◆ Exercise instructions
In the entries below, how many lines hold the word "exactly"? Answer with the number only.

◆ Materials provided
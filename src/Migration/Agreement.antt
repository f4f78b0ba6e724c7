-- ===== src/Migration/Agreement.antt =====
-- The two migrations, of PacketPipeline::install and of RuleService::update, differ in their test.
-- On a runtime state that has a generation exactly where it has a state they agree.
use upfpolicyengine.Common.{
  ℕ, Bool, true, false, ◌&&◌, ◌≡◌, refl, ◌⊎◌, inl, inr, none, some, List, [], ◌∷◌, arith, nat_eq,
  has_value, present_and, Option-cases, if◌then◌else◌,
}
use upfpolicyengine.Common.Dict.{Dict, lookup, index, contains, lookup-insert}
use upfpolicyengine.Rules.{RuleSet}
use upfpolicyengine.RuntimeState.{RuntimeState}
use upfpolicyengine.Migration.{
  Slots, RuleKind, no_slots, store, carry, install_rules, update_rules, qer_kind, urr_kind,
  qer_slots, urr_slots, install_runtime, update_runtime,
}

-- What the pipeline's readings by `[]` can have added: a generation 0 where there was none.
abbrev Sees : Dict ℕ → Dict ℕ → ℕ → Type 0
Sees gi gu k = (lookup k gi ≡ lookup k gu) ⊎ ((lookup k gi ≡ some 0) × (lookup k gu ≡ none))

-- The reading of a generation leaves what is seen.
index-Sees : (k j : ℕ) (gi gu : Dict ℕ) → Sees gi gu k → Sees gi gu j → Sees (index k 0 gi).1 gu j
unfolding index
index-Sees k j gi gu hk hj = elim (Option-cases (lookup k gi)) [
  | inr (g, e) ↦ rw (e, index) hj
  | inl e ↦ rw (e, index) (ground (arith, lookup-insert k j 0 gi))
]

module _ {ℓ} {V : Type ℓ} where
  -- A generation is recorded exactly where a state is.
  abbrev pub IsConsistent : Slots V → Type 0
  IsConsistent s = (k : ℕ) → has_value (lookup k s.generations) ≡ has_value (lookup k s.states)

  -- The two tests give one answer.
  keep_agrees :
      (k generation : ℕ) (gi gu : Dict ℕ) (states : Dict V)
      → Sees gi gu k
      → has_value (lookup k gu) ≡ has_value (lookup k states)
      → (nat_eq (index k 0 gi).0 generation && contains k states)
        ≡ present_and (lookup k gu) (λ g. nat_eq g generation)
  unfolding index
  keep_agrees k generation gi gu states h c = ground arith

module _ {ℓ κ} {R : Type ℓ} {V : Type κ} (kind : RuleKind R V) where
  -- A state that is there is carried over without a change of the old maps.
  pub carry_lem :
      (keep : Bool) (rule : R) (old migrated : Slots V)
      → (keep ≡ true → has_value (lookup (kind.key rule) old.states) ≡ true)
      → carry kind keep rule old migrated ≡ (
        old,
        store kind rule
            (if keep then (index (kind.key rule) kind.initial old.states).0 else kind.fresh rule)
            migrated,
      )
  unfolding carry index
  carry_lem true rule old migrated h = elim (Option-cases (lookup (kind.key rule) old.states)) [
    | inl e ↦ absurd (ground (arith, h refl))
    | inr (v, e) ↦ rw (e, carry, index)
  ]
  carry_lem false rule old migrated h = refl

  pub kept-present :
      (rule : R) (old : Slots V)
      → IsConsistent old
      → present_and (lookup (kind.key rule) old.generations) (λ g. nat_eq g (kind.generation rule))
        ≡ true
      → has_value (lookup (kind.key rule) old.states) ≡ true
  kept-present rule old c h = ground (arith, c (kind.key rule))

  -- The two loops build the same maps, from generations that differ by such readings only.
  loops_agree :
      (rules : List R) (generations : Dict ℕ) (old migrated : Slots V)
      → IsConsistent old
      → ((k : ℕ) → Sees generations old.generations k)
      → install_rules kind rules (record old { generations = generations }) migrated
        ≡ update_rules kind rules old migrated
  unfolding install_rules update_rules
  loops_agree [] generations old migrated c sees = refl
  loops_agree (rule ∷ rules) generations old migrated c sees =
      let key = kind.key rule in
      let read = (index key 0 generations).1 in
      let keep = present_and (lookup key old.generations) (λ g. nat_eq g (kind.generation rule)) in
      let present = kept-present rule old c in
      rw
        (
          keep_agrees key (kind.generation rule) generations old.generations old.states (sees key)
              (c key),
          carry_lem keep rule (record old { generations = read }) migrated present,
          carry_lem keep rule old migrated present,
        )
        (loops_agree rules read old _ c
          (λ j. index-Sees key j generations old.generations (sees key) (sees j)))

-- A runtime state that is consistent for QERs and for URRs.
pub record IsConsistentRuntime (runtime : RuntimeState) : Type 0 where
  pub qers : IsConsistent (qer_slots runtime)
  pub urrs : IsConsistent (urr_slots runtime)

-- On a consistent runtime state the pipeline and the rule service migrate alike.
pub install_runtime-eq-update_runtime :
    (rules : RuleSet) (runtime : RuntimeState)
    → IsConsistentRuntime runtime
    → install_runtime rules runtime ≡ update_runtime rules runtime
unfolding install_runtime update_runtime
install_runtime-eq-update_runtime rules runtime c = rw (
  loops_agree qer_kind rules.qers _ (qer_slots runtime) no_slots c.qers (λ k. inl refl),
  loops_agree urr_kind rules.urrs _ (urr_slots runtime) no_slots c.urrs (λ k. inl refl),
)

---

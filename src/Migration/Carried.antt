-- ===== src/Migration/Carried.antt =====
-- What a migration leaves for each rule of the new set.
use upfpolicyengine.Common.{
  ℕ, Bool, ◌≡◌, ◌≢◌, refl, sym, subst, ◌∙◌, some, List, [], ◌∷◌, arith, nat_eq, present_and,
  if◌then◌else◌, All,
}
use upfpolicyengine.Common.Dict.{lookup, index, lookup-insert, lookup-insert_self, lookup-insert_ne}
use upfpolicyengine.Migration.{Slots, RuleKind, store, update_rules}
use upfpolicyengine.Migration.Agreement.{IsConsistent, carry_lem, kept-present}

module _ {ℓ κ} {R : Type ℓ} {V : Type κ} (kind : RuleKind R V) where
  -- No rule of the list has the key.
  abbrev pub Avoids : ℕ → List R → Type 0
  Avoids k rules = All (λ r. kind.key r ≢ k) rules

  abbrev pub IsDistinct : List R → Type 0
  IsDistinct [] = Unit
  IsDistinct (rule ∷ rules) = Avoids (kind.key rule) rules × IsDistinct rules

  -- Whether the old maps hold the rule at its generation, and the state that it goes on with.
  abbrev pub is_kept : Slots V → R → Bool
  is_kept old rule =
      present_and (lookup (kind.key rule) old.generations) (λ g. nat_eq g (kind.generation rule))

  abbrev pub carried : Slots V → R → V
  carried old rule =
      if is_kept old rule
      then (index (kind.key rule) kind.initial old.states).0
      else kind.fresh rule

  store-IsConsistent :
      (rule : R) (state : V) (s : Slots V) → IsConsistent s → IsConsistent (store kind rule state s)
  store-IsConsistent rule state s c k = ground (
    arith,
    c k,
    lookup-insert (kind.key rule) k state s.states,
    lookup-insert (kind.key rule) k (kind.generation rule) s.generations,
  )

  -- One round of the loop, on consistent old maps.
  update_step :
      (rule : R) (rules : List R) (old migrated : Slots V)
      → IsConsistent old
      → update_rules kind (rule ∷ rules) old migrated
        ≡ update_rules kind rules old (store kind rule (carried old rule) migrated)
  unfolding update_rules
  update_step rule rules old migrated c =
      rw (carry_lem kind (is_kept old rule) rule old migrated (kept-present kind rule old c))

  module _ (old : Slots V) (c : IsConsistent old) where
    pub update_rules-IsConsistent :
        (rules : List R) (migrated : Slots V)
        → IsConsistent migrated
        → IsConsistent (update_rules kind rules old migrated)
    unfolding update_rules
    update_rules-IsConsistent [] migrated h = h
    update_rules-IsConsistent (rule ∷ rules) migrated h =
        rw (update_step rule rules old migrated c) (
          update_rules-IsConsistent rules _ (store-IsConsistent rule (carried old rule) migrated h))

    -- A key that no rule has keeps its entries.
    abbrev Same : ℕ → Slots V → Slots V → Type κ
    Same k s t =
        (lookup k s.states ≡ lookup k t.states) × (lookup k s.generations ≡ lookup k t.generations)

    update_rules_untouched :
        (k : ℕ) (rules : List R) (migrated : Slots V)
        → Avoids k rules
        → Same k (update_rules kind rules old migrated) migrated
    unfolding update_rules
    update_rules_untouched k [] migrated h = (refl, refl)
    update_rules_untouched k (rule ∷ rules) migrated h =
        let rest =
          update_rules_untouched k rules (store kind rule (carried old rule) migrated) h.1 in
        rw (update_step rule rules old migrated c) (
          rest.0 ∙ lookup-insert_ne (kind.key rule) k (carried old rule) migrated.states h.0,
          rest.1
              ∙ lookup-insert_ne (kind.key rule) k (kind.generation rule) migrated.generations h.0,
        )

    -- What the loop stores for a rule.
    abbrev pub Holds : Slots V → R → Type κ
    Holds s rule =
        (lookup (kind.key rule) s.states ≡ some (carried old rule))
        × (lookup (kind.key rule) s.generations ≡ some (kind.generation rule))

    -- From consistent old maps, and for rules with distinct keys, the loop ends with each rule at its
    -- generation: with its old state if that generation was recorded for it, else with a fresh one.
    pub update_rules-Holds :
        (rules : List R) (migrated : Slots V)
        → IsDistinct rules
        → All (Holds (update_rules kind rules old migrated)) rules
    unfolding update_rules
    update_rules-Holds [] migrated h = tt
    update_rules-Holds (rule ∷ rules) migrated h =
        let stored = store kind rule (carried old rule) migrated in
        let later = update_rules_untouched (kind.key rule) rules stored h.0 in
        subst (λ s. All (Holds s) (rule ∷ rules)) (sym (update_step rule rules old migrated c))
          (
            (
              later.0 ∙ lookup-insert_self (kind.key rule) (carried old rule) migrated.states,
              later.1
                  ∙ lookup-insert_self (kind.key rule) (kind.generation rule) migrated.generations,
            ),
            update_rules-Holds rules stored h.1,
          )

◆ Solution to this exercise
2